* Aim of the task *
As the answer, set down the lines below from the one containing "unarmed : is_debounced id d ≡ false" through the one containing "doc).save_mutex ≡ false", exactly and inclusively, and no others.

Dataset records
▼▼▼

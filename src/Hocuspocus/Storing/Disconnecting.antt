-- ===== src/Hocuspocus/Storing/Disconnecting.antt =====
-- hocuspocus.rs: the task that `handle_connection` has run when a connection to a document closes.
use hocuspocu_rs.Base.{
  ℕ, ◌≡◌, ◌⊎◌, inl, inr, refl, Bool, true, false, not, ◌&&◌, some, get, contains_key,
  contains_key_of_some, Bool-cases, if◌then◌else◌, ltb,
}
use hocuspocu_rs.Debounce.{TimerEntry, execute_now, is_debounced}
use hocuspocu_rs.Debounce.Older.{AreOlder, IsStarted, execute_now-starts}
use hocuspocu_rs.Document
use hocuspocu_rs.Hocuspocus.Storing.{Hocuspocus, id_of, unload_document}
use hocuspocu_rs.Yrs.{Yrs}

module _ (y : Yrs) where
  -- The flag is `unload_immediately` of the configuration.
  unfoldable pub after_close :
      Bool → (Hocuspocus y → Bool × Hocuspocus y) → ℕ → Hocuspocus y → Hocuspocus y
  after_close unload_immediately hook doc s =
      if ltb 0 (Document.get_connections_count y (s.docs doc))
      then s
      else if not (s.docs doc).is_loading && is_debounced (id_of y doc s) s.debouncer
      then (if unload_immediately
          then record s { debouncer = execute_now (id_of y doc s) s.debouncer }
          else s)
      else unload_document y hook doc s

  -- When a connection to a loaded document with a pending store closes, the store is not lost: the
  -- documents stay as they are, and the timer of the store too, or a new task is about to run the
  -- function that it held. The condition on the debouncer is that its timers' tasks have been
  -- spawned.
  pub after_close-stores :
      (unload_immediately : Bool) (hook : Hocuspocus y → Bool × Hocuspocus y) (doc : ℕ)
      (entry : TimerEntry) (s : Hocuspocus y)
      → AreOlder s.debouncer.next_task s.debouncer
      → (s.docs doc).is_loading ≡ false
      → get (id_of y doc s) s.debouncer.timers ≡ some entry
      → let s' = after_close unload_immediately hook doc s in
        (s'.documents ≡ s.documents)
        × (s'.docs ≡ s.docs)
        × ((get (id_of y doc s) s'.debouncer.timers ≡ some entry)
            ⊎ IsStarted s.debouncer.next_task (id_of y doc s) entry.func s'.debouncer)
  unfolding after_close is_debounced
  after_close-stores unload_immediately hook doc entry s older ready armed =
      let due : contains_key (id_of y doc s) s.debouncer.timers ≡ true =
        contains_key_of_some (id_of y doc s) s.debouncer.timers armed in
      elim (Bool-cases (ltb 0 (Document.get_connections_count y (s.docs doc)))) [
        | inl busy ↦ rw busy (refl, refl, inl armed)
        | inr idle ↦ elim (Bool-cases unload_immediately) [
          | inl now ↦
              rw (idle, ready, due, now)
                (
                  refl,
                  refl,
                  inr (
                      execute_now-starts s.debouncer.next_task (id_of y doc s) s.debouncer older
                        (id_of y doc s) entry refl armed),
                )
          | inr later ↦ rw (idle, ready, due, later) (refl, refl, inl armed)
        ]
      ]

▲▲▲
▼▼▼

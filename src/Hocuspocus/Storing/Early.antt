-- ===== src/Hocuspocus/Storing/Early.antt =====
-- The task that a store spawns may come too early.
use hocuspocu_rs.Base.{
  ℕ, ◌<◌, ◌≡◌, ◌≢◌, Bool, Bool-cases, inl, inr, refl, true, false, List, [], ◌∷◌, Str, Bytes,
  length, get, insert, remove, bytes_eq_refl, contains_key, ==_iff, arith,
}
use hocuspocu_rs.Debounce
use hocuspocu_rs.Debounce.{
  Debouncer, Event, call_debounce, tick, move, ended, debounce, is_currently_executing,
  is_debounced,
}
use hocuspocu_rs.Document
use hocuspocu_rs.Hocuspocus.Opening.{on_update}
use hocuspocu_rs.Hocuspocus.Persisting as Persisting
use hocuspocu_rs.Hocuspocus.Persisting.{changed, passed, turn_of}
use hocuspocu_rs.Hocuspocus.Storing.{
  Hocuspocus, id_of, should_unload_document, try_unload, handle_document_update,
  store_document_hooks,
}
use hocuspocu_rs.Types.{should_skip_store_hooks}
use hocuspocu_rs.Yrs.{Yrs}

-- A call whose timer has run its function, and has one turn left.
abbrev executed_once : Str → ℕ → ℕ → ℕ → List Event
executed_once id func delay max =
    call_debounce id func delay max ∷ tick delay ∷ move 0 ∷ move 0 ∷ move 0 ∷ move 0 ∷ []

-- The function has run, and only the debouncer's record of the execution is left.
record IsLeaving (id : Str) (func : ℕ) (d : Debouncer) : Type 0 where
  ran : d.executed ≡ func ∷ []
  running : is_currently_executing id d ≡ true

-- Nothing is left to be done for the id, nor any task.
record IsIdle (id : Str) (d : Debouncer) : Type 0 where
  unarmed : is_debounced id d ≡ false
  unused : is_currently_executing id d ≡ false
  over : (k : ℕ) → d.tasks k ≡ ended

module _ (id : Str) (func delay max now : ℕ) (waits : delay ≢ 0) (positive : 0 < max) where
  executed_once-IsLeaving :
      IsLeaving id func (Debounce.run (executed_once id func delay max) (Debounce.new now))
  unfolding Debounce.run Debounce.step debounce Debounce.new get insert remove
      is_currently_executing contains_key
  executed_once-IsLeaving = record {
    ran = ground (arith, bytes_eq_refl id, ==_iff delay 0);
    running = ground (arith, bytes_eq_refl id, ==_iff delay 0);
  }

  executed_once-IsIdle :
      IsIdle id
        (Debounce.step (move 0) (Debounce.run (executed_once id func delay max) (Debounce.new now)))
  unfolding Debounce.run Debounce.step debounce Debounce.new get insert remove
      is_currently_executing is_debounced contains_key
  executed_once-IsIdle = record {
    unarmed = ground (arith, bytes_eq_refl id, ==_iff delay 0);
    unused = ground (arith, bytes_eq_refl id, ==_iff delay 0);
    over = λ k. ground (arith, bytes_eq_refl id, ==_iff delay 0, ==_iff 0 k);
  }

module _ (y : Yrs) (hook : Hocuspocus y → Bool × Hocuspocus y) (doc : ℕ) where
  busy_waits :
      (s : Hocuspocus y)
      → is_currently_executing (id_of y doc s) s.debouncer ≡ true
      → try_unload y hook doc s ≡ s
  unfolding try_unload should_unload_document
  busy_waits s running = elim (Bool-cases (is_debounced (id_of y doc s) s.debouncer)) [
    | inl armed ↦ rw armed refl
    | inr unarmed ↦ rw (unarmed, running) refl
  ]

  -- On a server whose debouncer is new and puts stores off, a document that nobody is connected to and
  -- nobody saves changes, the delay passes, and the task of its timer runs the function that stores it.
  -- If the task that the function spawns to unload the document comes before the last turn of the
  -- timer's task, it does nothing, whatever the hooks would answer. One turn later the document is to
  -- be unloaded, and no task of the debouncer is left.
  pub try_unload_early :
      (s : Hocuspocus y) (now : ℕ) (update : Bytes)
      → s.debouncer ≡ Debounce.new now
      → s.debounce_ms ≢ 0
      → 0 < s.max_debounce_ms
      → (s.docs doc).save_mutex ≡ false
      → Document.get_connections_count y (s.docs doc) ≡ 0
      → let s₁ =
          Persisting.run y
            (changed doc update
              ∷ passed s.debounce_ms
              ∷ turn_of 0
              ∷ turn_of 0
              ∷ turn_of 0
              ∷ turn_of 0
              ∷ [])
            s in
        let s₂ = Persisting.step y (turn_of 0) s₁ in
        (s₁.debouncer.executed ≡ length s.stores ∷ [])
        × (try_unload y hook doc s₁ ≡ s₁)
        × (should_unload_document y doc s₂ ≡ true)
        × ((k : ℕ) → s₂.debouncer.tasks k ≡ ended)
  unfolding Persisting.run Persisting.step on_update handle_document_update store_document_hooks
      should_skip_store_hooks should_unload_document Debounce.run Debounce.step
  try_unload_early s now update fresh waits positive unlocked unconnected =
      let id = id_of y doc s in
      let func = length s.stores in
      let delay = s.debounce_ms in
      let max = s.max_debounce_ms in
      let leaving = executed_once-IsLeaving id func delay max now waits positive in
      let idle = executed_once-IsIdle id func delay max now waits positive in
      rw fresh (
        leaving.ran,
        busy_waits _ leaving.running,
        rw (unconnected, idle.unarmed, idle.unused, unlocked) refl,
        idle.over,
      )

▲▲▲

* Answer box *
  unarmed : is_debounced id d ≡ false
  unused : is_currently_executing id d ≡ false
  over : (k : ℕ) → d.tasks k ≡ ended

module _ (id : Str) (func delay max now : ℕ) (waits : delay ≢ 0) (positive : 0 < max) where
  executed_once-IsLeaving :
      IsLeaving id func (Debounce.run (executed_once id func delay max) (Debounce.new now))
  unfolding Debounce.run Debounce.step debounce Debounce.new get insert remove
      is_currently_executing contains_key
  executed_once-IsLeaving = record {
    ran = ground (arith, bytes_eq_refl id, ==_iff delay 0);
    running = ground (arith, bytes_eq_refl id, ==_iff delay 0);
  }

  executed_once-IsIdle :
      IsIdle id
        (Debounce.step (move 0) (Debounce.run (executed_once id func delay max) (Debounce.new now)))
  unfolding Debounce.run Debounce.step debounce Debounce.new get insert remove
      is_currently_executing is_debounced contains_key
  executed_once-IsIdle = record {
    unarmed = ground (arith, bytes_eq_refl id, ==_iff delay 0);
    unused = ground (arith, bytes_eq_refl id, ==_iff delay 0);
    over = λ k. ground (arith, bytes_eq_refl id, ==_iff delay 0, ==_iff 0 k);
  }

module _ (y : Yrs) (hook : Hocuspocus y → Bool × Hocuspocus y) (doc : ℕ) where
  busy_waits :
      (s : Hocuspocus y)
      → is_currently_executing (id_of y doc s) s.debouncer ≡ true
      → try_unload y hook doc s ≡ s
  unfolding try_unload should_unload_document
  busy_waits s running = elim (Bool-cases (is_debounced (id_of y doc s) s.debouncer)) [
    | inl armed ↦ rw armed refl
    | inr unarmed ↦ rw (unarmed, running) refl
  ]

  -- On a server whose debouncer is new and puts stores off, a document that nobody is connected to and
  -- nobody saves changes, the delay passes, and the task of its timer runs the function that stores it.
  -- If the task that the function spawns to unload the document comes before the last turn of the
  -- timer's task, it does nothing, whatever the hooks would answer. One turn later the document is to
  -- be unloaded, and no task of the debouncer is left.
  pub try_unload_early :
      (s : Hocuspocus y) (now : ℕ) (update : Bytes)
      → s.debouncer ≡ Debounce.new now
      → s.debounce_ms ≢ 0
      → 0 < s.max_debounce_ms
      → (s.docs doc).save_mutex ≡ false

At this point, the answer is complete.